■ Task details
Only lines containing "last" are wanted from the data below. Copy those lines.

■ Data records
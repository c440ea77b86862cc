-- ===== src/Mcp/Supervise/Connection.antt =====
-- What the goroutine keeps about its server, in the health loop and between two rounds.
use kubeflare.Prelude.{
  ℕ, Bool, true, some, ◌||◌, ◌≡◌, ◌≢◌, refl, false, Option, none, List, [], ◌∷◌, arith, All, ap,
  sym, subst, ◌++◌, ◌∙◌, Bool-cases, inl, inr,
}
use kubeflare.Mcp.Manager.{ManagedServer, Metrics, ready, snapshot_tools}
use kubeflare.Mcp.Supervise.{
  Connect, dial_failed, list_failed, listed, Probe, pinged, client_closed, ping_failed, cancelled,
  Round, Supervisor, start_supervisor, run_health_loop, round, supervise,
}
use kubeflare.Mcp.Supervise.Backoff.{connects, supervise_over, supervise_on}

abbrev pub has_client : Option ℕ → Bool
has_client none = false
has_client (some client) = true

-- Outside the health loop the server has no client and is not ready; in it, it has one and is ready.
pub record Steady (s : Supervisor) : Type 0 where
  pub opened : s.closed ≡ false
  pub clientless : s.waiting ≡ false → s.server.client ≡ none
  pub unready : s.waiting ≡ false → s.server.state ≢ ready
  pub offered : s.waiting ≡ true → has_client s.server.client ≡ true
  pub up : s.waiting ≡ true → s.server.state ≡ ready

round-Steady :
    (r : Round) (s : Supervisor) → (s.returned || s.waiting) ≡ false → Steady s → Steady (round r s)
unfolding round
round-Steady r s on h =
    let out : s.waiting ≡ false = ground (arith, on) in
    let clientless = h.clientless out in
    let unready = h.unready out in
    record {
      opened = ground (arith, h.opened);
      clientless = ground (arith, out, clientless, h.opened);
      unready = ground (arith, out, unready, h.opened);
      offered = ground (arith, out, h.opened);
      up = ground (arith, out, h.opened);
    }

supervise-Steady : (rs : List Round) (s : Supervisor) → Steady s → Steady (supervise rs s)
supervise-Steady [] s h = unfold supervise in h
supervise-Steady (r ∷ rs) s h = elim (Bool-cases (s.returned || s.waiting)) [
  | inl over ↦ rw (supervise_over r rs s over) h
  | inr on ↦ rw (supervise_on r rs s on) (supervise-Steady rs (round r s) (round-Steady r s on h))
]

-- The client that a connection gives.
abbrev pub client_of : Connect → Option ℕ
client_of dial_failed = none
client_of (list_failed client) = none
client_of (listed client remote) = some client

-- One of the rounds has connected the client that is offered, and all its ticks found it answering.
pub record Held (rs : List Round) (s : Supervisor) : Type 0 where
  pub before : List Round
  pub last : Round
  pub after : List Round
  pub split : rs ≡ before ++ last ∷ after
  pub alive : All (λ probe. probe ≡ pinged) last.probes
  pub client : s.server.client ≡ client_of last.connect

pinged_each :
    (probes : List Probe) → run_health_loop probes ≡ false → All (λ probe. probe ≡ pinged) probes
unfolding run_health_loop
pinged_each [] h = tt
pinged_each (pinged ∷ probes) h = (refl, pinged_each probes h)
pinged_each (cancelled ∷ probes) h = ground (arith, h)
pinged_each (client_closed ∷ probes) h = ground (arith, h)
pinged_each (ping_failed ∷ probes) h = ground (arith, h)

round_waits :
    (r : Round) (s : Supervisor)
    → s.waiting ≡ false
    → (round r s).waiting ≡ true
    → (run_health_loop r.probes ≡ false) × ((round r s).server.client ≡ client_of r.connect)
unfolding round
round_waits r s out waits = (ground (arith, out, waits), ground (arith, out, waits))

supervise_waiting : (rs : List Round) (s : Supervisor) → s.waiting ≡ true → supervise rs s ≡ s
supervise_waiting [] s waits = unfold supervise in refl
supervise_waiting (r ∷ rs) s waits = supervise_over r rs s (ground (arith, waits))

waits-Held :
    (r : Round) (rs : List Round) (s : Supervisor)
    → s.waiting ≡ false
    → (round r s).waiting ≡ true
    → Held (r ∷ rs) (supervise rs (round r s))
waits-Held r rs s out waits =
    let (alive, client) = round_waits r s out waits in
    rw (supervise_waiting rs (round r s) waits) (record {
      before = [];
      last = r;
      after = rs;
      split = refl;
      alive = pinged_each r.probes alive;
      client = client;
    })

later_Held : (r : Round) (rs : List Round) (s : Supervisor) → Held rs s → Held (r ∷ rs) s
later_Held r rs s k = record {
  before = r ∷ k.before;
  last = k.last;
  after = k.after;
  split = ap (λ l. r ∷ l) k.split;
  alive = k.alive;
  client = k.client;
}

supervise-Held :
    (rs : List Round) (s : Supervisor)
    → s.waiting ≡ false
    → (supervise rs s).waiting ≡ true
    → Held rs (supervise rs s)
supervise-Held [] s out waits = absurd (unfold supervise in ground (arith, out, waits))
supervise-Held (r ∷ rs) s out waits = elim (Bool-cases (s.returned || s.waiting)) [
  | inl over ↦
      let waits' = ap (λ x. x.waiting) (sym (supervise_over r rs s over)) ∙ waits in
      absurd (ground (arith, out, waits'))
  | inr on ↦
      let waits' = ap (λ x. x.waiting) (sym (supervise_on r rs s on)) ∙ waits in
      subst (Held (r ∷ rs)) (sym (supervise_on r rs s on)) (elim (Bool-cases (round r s).waiting) [
        | inl now ↦ waits-Held r rs s out now
        | inr gone ↦
            later_Held r rs (supervise rs (round r s)) (supervise-Held rs (round r s) gone waits')
      ])
]

-- While the manager is open, the goroutine of a server that is started without a client and is not ready
-- keeps this, whatever it meets: as long as it stands in the health loop of a connection, the server is
-- ready and has the client that this connection gave, which every tick of the loop so far found open
-- and answering its ping; and between two rounds, and once it has returned, the server has no client
-- and is not ready.
pub supervised_drops :
    (rs : List Round) (server : ManagedServer) (metrics : Option Metrics)
    → server.client ≡ none
    → server.state ≢ ready
    → let s = supervise rs (start_supervisor server metrics) in
      (s.waiting ≡ true
        → (has_client s.server.client ≡ true) × (s.server.state ≡ ready) × Held rs s)
      × (s.waiting ≡ false → (s.server.client ≡ none) × (s.server.state ≢ ready))
supervised_drops rs server metrics clientless unready =
    let h = supervise-Steady rs (start_supervisor server metrics) (
      unfold start_supervisor in
      record {
        opened = refl;
        clientless = λ out. clientless;
        unready = λ out. unready;
        offered = λ waits. ground (arith, waits);
        up = λ waits. ground (arith, waits);
      }) in
    let held =
      supervise-Held rs (start_supervisor server metrics) (unfold start_supervisor in refl) in
    (λ waits. (h.offered waits, h.up waits, held waits), λ out. (h.clientless out, h.unready out))

round_keeps_tools :
    (r : Round) (s : Supervisor)
    → connects r.connect ≡ false
    → snapshot_tools (round r s).server ≡ snapshot_tools s.server
unfolding round snapshot_tools
round_keeps_tools r s e = ground arith

-- Rounds in which no listing succeeds leave the tools that the server exposes as they were: losing
-- the connection does not take them away.
pub lost_keeps_tools :
    (rs : List Round) (s : Supervisor)
    → All (λ r. connects r.connect ≡ false) rs
    → snapshot_tools (supervise rs s).server ≡ snapshot_tools s.server
lost_keeps_tools [] s h = unfold supervise in refl
lost_keeps_tools (r ∷ rs) s h = elim (Bool-cases (s.returned || s.waiting)) [
  | inl over ↦ ap (λ x. snapshot_tools x.server) (supervise_over r rs s over)
  | inr on ↦
      ap (λ x. snapshot_tools x.server) (supervise_on r rs s on)
      ∙ lost_keeps_tools rs (round r s) h.1
      ∙ round_keeps_tools r s h.0
]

■ Worked solution
  pub last : Round
  pub split : rs ≡ before ++ last ∷ after
  pub alive : All (λ probe. probe ≡ pinged) last.probes
  pub client : s.server.client ≡ client_of last.connect
      last = r;
  last = k.last;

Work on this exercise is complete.